### DATA TO USE
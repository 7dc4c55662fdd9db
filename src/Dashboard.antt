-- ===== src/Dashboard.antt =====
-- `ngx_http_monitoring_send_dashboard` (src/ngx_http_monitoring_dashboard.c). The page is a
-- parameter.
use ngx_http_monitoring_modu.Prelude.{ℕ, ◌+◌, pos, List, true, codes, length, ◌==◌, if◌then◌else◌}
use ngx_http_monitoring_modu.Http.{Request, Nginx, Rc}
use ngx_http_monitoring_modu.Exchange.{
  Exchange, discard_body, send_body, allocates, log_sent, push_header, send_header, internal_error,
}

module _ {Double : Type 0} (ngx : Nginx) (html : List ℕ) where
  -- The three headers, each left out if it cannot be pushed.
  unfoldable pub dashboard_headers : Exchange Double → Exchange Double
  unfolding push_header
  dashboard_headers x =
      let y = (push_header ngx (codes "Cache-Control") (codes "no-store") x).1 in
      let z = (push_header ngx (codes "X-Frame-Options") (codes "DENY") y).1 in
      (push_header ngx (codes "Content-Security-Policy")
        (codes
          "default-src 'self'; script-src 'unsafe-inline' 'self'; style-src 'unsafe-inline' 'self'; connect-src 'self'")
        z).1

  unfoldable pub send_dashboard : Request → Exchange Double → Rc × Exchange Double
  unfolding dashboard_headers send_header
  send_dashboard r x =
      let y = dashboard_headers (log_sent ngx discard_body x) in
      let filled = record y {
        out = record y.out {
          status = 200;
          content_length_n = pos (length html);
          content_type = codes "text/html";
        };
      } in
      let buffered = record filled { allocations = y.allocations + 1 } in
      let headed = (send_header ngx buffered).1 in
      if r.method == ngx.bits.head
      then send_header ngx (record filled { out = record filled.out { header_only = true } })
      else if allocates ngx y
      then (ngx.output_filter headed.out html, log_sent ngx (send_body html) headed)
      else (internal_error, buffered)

### WHAT IS EXPECTED
Extract, exactly, the lines above that begin at the line containing "else if allocates ngx y" and end at the final line of the records; add no other text.

### ANSWER FOR THIS EXERCISE
      else if allocates ngx y
      then (ngx.output_filter headed.out html, log_sent ngx (send_body html) headed)
      else (internal_error, buffered)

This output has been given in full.